DATASET EXTRACT:
--------
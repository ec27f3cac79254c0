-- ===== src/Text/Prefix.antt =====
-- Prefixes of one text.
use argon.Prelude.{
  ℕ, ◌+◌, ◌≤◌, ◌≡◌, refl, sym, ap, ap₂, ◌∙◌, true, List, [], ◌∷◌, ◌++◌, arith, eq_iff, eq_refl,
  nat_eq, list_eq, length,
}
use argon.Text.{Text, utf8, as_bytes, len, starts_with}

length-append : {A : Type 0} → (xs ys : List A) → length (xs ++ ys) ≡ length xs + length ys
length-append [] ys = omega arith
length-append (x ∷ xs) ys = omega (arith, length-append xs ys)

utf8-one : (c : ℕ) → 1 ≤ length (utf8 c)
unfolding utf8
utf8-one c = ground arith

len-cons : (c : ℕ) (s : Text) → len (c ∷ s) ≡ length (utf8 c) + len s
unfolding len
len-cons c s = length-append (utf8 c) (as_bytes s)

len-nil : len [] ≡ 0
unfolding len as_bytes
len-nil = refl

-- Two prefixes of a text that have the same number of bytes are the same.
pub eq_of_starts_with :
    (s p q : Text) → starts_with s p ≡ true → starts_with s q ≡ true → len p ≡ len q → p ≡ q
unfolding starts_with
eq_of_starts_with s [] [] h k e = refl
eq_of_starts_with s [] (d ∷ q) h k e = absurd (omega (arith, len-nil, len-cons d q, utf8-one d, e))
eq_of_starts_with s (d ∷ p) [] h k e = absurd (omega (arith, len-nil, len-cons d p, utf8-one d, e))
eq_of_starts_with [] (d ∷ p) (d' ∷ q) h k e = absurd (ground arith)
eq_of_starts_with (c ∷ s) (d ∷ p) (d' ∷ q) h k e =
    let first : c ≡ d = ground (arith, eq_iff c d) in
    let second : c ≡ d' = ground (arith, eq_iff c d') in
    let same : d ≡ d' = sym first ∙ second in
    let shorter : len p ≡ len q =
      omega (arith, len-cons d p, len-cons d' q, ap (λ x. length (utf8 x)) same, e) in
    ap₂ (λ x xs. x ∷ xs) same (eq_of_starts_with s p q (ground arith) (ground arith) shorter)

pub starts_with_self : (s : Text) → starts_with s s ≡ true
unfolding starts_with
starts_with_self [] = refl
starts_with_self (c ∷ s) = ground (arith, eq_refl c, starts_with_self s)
--------
TRY IT: Looking at the records above, return exactly the lines from the line with "len-nil = refl" to the line with "let first : c", both ends included.

ANSWER TO THIS PROBLEM:
len-nil = refl

-- Two prefixes of a text that have the same number of bytes are the same.
pub eq_of_starts_with :
    (s p q : Text) → starts_with s p ≡ true → starts_with s q ≡ true → len p ≡ len q → p ≡ q
unfolding starts_with
eq_of_starts_with s [] [] h k e = refl
eq_of_starts_with s [] (d ∷ q) h k e = absurd (omega (arith, len-nil, len-cons d q, utf8-one d, e))
eq_of_starts_with s (d ∷ p) [] h k e = absurd (omega (arith, len-nil, len-cons d p, utf8-one d, e))
eq_of_starts_with [] (d ∷ p) (d' ∷ q) h k e = absurd (ground arith)
eq_of_starts_with (c ∷ s) (d ∷ p) (d' ∷ q) h k e =
    let first : c ≡ d = ground (arith, eq_iff c d) in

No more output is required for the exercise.